All manner of studies have been conducted - by learned professionals and specialist think tanks – to highlight the positive impact that flexible working can have. The results tend to be just what you would expect: better work/life balance, reduction in stress, time saved on commuting equalling more time with family.

However, these are outcomes that benefit the individual, the employee – what does the employer get in return for providing the option to work flexibly? There is data to suggest that flexible working can result in reduced absenteeism and improved morale, which can obviously increase productivity. However, the growing culture of expectation around flexible working is a matter of concern for many businesses, particularly SMEs.
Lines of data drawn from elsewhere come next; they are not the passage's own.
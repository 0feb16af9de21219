-- ===== src/Tests/Requesting.antt =====
-- http/NGnHttpServer.cxx: requests on a server with handlers for the paths a and b.
use ndmspc.Base.Dict
use ndmspc.Base.{
  ℕ, zero, suc, ◌+◌, All, ◌≡◌, refl, Bool, true, false, List, [], ◌∷◌, none, some, Bytes, bytes_dec,
  inl, inr,
}
use ndmspc.Server.Defs.{Entry, Method, post, deletes, gets, Reply, success, failure, Server}
use ndmspc.Server.History.{process_request-handled}
use ndmspc.Server.Table.{handled}
use ndmspc.Server.Names.{serve-IsKept, AreOnce, IsKept, is_down}
use ndmspc.Server.Requests.{down, is_schema, openapi_inspector, process_request, serve, Request}
use ndmspc.Server.Schema.{process_request-down}

abbrev path_a : Bytes
path_a = b'a' ∷ []

abbrev path_b : Bytes
path_b = b'b' ∷ []

-- A handler that succeeds, but for the payload 0.
abbrev answer : List (Method × Bytes) → Method → Bytes → ℕ → Reply ℕ
answer calls m path zero = failure 1
answer calls m path (suc p) = success (suc p + 1)

abbrev handlers : Dict.Dict Bytes Bool
handlers = (path_a, true) ∷ (path_b, true) ∷ []

abbrev entry : Bytes → ℕ → Entry ℕ
entry path p = record { name = path; payload_in = p; payload_out = some (p + 1) }

-- The history has a call of a, then one of b.
abbrev server : Server ℕ
server = record {
  entries = entry path_a 3 ∷ entry path_b 5 ∷ [];
  handlers = handlers;
  use_history = true;
  calls = (post, path_b) ∷ (post, path_a) ∷ [];
}

abbrev schema_request : Request ℕ
schema_request = record { method = post; path = openapi_inspector; payload = 2 }

-- POST a again, of which the handler then reports a failure, DELETE b and GET c.
abbrev requests : List (Request ℕ)
requests =
    record { method = post; path = path_a; payload = 4 }
    ∷ record { method = post; path = path_a; payload = 0 }
    ∷ record { method = deletes; path = path_b; payload = 1 }
    ∷ record { method = gets; path = b'c' ∷ []; payload = 1 }
    ∷ []

find_a : Dict.find bytes_dec path_a handlers ≡ some true
find_a = unfold Dict.find bytes_dec in refl

find_b : Dict.find bytes_dec path_b handlers ≡ some true
find_b = unfold Dict.find bytes_dec in refl

find_c : Dict.find bytes_dec (b'c' ∷ []) handlers ≡ none
find_c = unfold Dict.find bytes_dec in refl

find_schema : Dict.find bytes_dec openapi_inspector handlers ≡ none
find_schema = unfold Dict.find bytes_dec in refl

is_schema_inspector : is_schema openapi_inspector ≡ true
is_schema_inspector = unfold bytes_dec in refl

is_schema_c : is_schema (b'c' ∷ []) ≡ false
is_schema_c = unfold bytes_dec in refl

process_request-handled_example :
    process_request answer (record { method = post; path = path_a; payload = 4 }) server
    ≡ handled post path_a 4 (success 5) server
process_request-handled_example =
    process_request-handled answer post path_a 4 server refl find_a (find_a, (find_b, tt))

process_request-down_example : (process_request answer schema_request server).1 ≡ down
process_request-down_example =
    process_request-down answer schema_request server is_schema_inspector find_schema
      (find_a, (find_b, tt))

once : AreOnce server.entries
once = unfold bytes_dec in (refl, (refl, tt))

serve-IsKept_example :
    IsKept (serve answer requests server).0
    × All (λ o. is_down o ≡ false) (serve answer requests server).1
serve-IsKept_example =
    serve-IsKept answer requests server
      (inl find_a, (inl find_a, (inl find_b, (inr (is_schema_c, find_c), tt))))
      (refl, (find_a, (find_b, tt)), once)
There is a huge element of trust involved in allowing staff members to work from home and requiring them still to produce the expected results. If you are operating in a competitive market, amidst a period of economic uncertainty, and working to razor thin margins, you need your people to deliver.

Employers need to have confidence and faith in the work ethic and commitment of their staff. Working from home is tough, and it’s not for everyone. Self-motivation is essential, there’s no office ‘buzz’, and temptations abound with creature comforts everywhere.

As a specialist ex-military recruiter, FRS is more familiar than most with the characteristics detailed above. We are also acutely aware of the transferable nature of these fine traits, gained through military service then applied in the civilian workplace, as Managing Director Graham Brown explains:

“The rise in popularity of flexible working is seen by many as an exciting evolution in the world of work but there are important factors for employers to consider. They need their staff to be every bit as effective when working from home as they are at HQ.

“The expression ‘self starter’ is one that is often used in relation to business development roles, but it is an intrinsic element of the military ethos. Ex-Forces personnel have the drive, dedication, professionalism and integrity to operate in any location, under any circumstances, and still execute their duties flawlessly.

“Adaptability is a key component of the military mindset. There’s an old adage: no plan survives first contact. In other words, you need to be ready to adjust, adapt and advance at a moment’s notice. What employer doesn’t want those attributes within their team?”